[What the task requires]:
Look below for the line containing "store_groups [] n size list = []"; from there, print each line exactly up to and including the line containing "pub sys_setgroups : Proc", and stop.

[Stored data entries]
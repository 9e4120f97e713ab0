-- ===== src/Groups.antt =====
-- kernel/syscalls/setgroups.c and getgroups.c: the supplementary groups of a process.
-- The answer of `check_user_area` on the user's list is an argument, `none` where the area is good,
-- and the list itself is memory from the address that the user gave.
pub mod Laws
mod Tests
use fiwix_arm.Base.{
  ℕ, Bool, false, ◌+◌, Option, none, some, List, [], ◌∷◌, ◌==◌, if◌then◌else◌, not,
}
use fiwix_arm.Base.Errno.{Errno, Result, done, fail, Status, success, perm, inval}
use fiwix_arm.Base.Int.{ℤ, pos, negsuc, ltb_ℤ}
use fiwix_arm.Base.Store.{Store, update}
use fiwix_arm.Process.{Proc, is_superuser, ngroups_max}

-- The loop of `sys_setgroups`, from entry `n` on.
pub store_groups : List (Option ℕ) → ℕ → ℤ → Store ℕ → List (Option ℕ)
store_groups [] n size list = []
store_groups (_ ∷ gs) n size list =
    (if ltb_ℤ (pos n) size then some (list n) else none) ∷ store_groups gs (n + 1) size list

pub sys_setgroups : Proc → Option Errno → ℤ → Store ℕ → Proc × Status
sys_setgroups current (some e) size list = (current, fail e)
sys_setgroups current none size list =
    if not (is_superuser current)
    then (current, fail perm)
    else if ltb_ℤ (pos ngroups_max) size
    then (current, fail inval)
    else (record current { groups = store_groups current.groups 0 size list }, success)

-- The loop that counts the entries before the first -1.
pub count_groups : List (Option ℕ) → ℕ → ℕ
count_groups [] n = n
count_groups (none ∷ gs) n = n
count_groups (some g ∷ gs) n = count_groups gs (n + 1)

-- The loop that copies them out, with the user's memory.
pub copy_groups : List (Option ℕ) → ℕ → ℤ → Store ℕ → Store ℕ × Result ℕ
copy_groups [] n size list = (list, done n)
copy_groups (none ∷ gs) n size list = (list, done n)
copy_groups (some g ∷ gs) n size list =
    if ltb_ℤ size (pos n) then (list, fail inval) else copy_groups gs (n + 1) size (update list n g)

-- The test `!size`
abbrev pub is_zero : ℤ → Bool
is_zero (pos n) = n == 0
is_zero (negsuc n) = false

-- The copying call, once the area has been checked.
pub copy_out : Proc → Option Errno → ℤ → Store ℕ → Store ℕ × Result ℕ
copy_out current (some e) size list = (list, fail e)
copy_out current none size list = copy_groups current.groups 0 size list

pub sys_getgroups : Proc → Option Errno → ℤ → Store ℕ → Store ℕ × Result ℕ
unfolding copy_out
sys_getgroups current area size list =
    if is_zero size
    then (list, done (count_groups current.groups 0))
    else copy_out current area size list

[Expected output]:
store_groups [] n size list = []
store_groups (_ ∷ gs) n size list =
    (if ltb_ℤ (pos n) size then some (list n) else none) ∷ store_groups gs (n + 1) size list

pub sys_setgroups : Proc → Option Errno → ℤ → Store ℕ → Proc × Status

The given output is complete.